Speakers - 2026

Title: Enhanced photodetection in intermixed TMD nanodiscs graphene heterostructure nanohybrids

Abstract

Nanohybrids based on van der Waals (vdW) heterostructures of 2D atomic materials have recently emerged as a unique scheme for designing high-performance quantum sensors. This work explores vdW nanohybrids for photodetection, which consist of graphene decorated with intermingled transition-metal dichalcogenide (TMDC) nanodiscs (TMDC-NDs) obtained using wafer-size, layer-by-layer growth. The obtained TMDC-NDs/graphene nanohybrids take advantages of a strong quantum confinement in graphene for high charge mobility and hence high photoconductive gain, and localized surface plasmonic resonance (LSPR) enabled on the TMDCNDs for enhanced light absorption. Since the LSPR depends on the nanostructure's size and density, intermingled TMDC-NDs of different kinds of TMDCs, such as WS2 (W) and MoS2 (M), have been found to allow small-size, high concentration TMDC-NDs to be achieved for high photoresponse.
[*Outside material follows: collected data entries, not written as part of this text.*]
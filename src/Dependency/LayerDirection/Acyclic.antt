-- ===== src/Dependency/LayerDirection/Acyclic.antt =====
-- What a clean run of `dependency.layer-direction` gives under a valid architecture: the imports
-- between the sublayers of the domains have no cycle.
use go_arch_guard.Prelude.{
  String, true, false, not, ◌||◌, ◌&&◌, none, List, [], ◌==◌, ◌^^◌, ◌≡◌, ◌≢◌, inl, inr, ap, Map,
  subst, lookup, contains, contains_iff, has_prefix, All, All-at, In, arith, eq_iff, Option-cases,
}
use go_arch_guard.Core.Violation.{Severity}
use go_arch_guard.Core.Context.{Package, Context, context_arch}
use go_arch_guard.Core.Validate.Laws.{IsValid}
use go_arch_guard.Core.Validate.Cycle.Graph.{Edge, Leads, one, more}
use go_arch_guard.Analysis.Packages.{Host, resolve_module_from_context}
use go_arch_guard.Analysis.Sublayer.{is_known_sublayer}
use go_arch_guard.Dependency.Classify.{
  kind_domain, kind_shared, kind_orchestration, kind_unclassified, kind_eq, Classified,
  classify_internal_package, is_excluded_package, validate_module, has_internal_packages,
}
use go_arch_guard.Dependency.LayerDirection.{check}
use go_arch_guard.Dependency.LayerDirection.Allowed.{Names, Directed, Keeps, layer_check-nil_iff}

-- what separates internal packages from the rest
abbrev pub internal_prefix : Context → String
internal_prefix ctx =
    resolve_module_from_context ctx "" ^^ "/" ^^ (context_arch ctx).layout.internal_root ^^ "/"

abbrev pub class_of : Context → String → Classified
class_of ctx path = classify_internal_package (context_arch ctx) path (internal_prefix ctx)

-- A package that is not excluded, in the sublayer `a` of a domain, imports a package in another
-- sublayer `b` of that domain.
pub record Imports (ctx : Context) (a b : String) : Type 0 where
  pub pkg : Package
  pub path : String
  pub loaded : In pkg ctx.pkgs
  pub checked :
      (is_excluded_package ctx pkg.pkg_path (resolve_module_from_context ctx "")
        || not (has_prefix pkg.pkg_path (internal_prefix ctx)))
      ≡ false
  pub source_kind : (class_of ctx pkg.pkg_path).kind ≡ kind_domain
  pub source : (class_of ctx pkg.pkg_path).sublayer ≡ a
  pub imported : In path pkg.imports
  pub internal : has_prefix path (internal_prefix ctx) ≡ true
  pub target_kind : (class_of ctx path).kind ≡ kind_domain
  pub target : (class_of ctx path).sublayer ≡ b
  pub same_domain : ((class_of ctx path).domain == (class_of ctx pkg.pkg_path).domain) ≡ true
  pub from_named : a ≢ ""
  pub to_named : b ≢ ""
  pub apart : a ≢ b

-- a chain of such imports
pub data Reaches (ctx : Context) : String → String → Type 0 where
  step : {a b : String} → Imports ctx a b → Reaches ctx a b
  steps : {a b c : String} → Imports ctx a b → Reaches ctx b c → Reaches ctx a c

Edge-of_Names :
    (direction : Map (List String)) (a b : String)
    → lookup direction a ≢ none
    → Names (lookup direction a) b
    → Edge direction a b
Edge-of_Names direction a b h n = elim (Option-cases (lookup direction a)) [
  | inl e ↦ absurd (h e)
  | inr (allowed, e) ↦ (let n' = subst (λ o. Names o b) e n in rw e n')
]

Known-of_test :
    (known : List String) (a : String)
    → a ≢ ""
    → (not (a == "") && not (contains known a)) ≡ false
    → contains known a ≡ true
Known-of_test known a named test = ground (arith, eq_iff a "")

module _ (ctx : Context) (valid : IsValid (context_arch ctx))
    (keeps : All
      (Keeps ctx (context_arch ctx) (resolve_module_from_context ctx "") (internal_prefix ctx))
      ctx.pkgs) where
  Edge-of_Imports : {a b : String} → Imports ctx a b → Edge (context_arch ctx).layers.direction a b
  unfolding is_known_sublayer
  Edge-of_Imports {a = a} {b = b} i =
      let arch = context_arch ctx in
      let src = class_of ctx i.pkg.pkg_path in
      let imp = class_of ctx i.path in
      let (known, imports) =
        All-at _ ctx.pkgs i.pkg keeps i.loaded i.checked
          (ap (λ k. kind_eq k kind_domain) i.source_kind) in
      let import = All-at _ i.pkg.imports i.path imports i.imported i.internal in
      let inner =
        import.1 (ap (λ k. kind_eq k kind_shared) i.target_kind)
          (ap (λ k. kind_eq k kind_orchestration || kind_eq k kind_unclassified) i.target_kind)
          i.same_domain in
      let directed =
        subst (λ x. Directed arch.layers.direction x b) i.source
          (subst (λ y. Directed arch.layers.direction src.sublayer y) i.target inner.1) in
      let member = (contains_iff arch.layers.sublayers a).0 (
        Known-of_test arch.layers.sublayers a i.from_named (
          subst (λ x. (not (x == "") && not (contains arch.layers.sublayers x)) ≡ false) i.source
            known)) in
      elim directed [
        | inl e ↦ absurd (i.to_named e)
        | inr (inl e) ↦ absurd (i.apart e)
        | inr (inr n) ↦
            Edge-of_Names arch.layers.direction a b
              (All-at _ arch.layers.sublayers a valid.keyed member) n
      ]

  Leads-of_Reaches :
      {a b : String} → Reaches ctx a b → Leads (context_arch ctx).layers.direction a b
  Leads-of_Reaches (step i) = one (Edge-of_Imports i)
  Leads-of_Reaches (steps i r) = more (Edge-of_Imports i) (Leads-of_Reaches r)

-- Under a valid architecture with a domain directory, a run of the rule that finds nothing, on a
-- module that its packages belong to and that has internal packages, leaves no chain of imports that
-- goes from a sublayer through other sublayers of the domains back to it.
pub check-Acyclic :
    (host : Host) (severity : Severity) (ctx : Context)
    → IsValid (context_arch ctx)
    → ((context_arch ctx).layout.domain_dir == "") ≡ false
    → validate_module host.format ctx.pkgs (resolve_module_from_context ctx "") ≡ []
    → has_internal_packages ctx.pkgs
        (resolve_module_from_context ctx "")
        (context_arch ctx).layout.internal_root
      ≡ true
    → check host severity ctx ≡ []
    → (a : String) → ¬ Reaches ctx a a
check-Acyclic host severity ctx valid dir known internal clean a r = valid.acyclic a (
    Leads-of_Reaches ctx valid ((layer_check-nil_iff host severity ctx dir known internal).0 clean)
      r)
Remarkably, high photoresponsivity up to 31 A/W (550 nm wavelength and 20 W/cm2 light intensity) has been obtained on the WMW-NDs/graphene nanohybrids photodetectors made using three consecutive coatings of WS2 (1st and 3rd coating) and MoS2 (2nd coating), which is considerably higher by a factor of ~4 than that of the counterparts MoS2- ND/graphene or WS2-NDs/graphene devices. This result provides a facile approach to control the size and concentration of the TMDC-NDs for high-performance, low-cost optoelectronic device applications.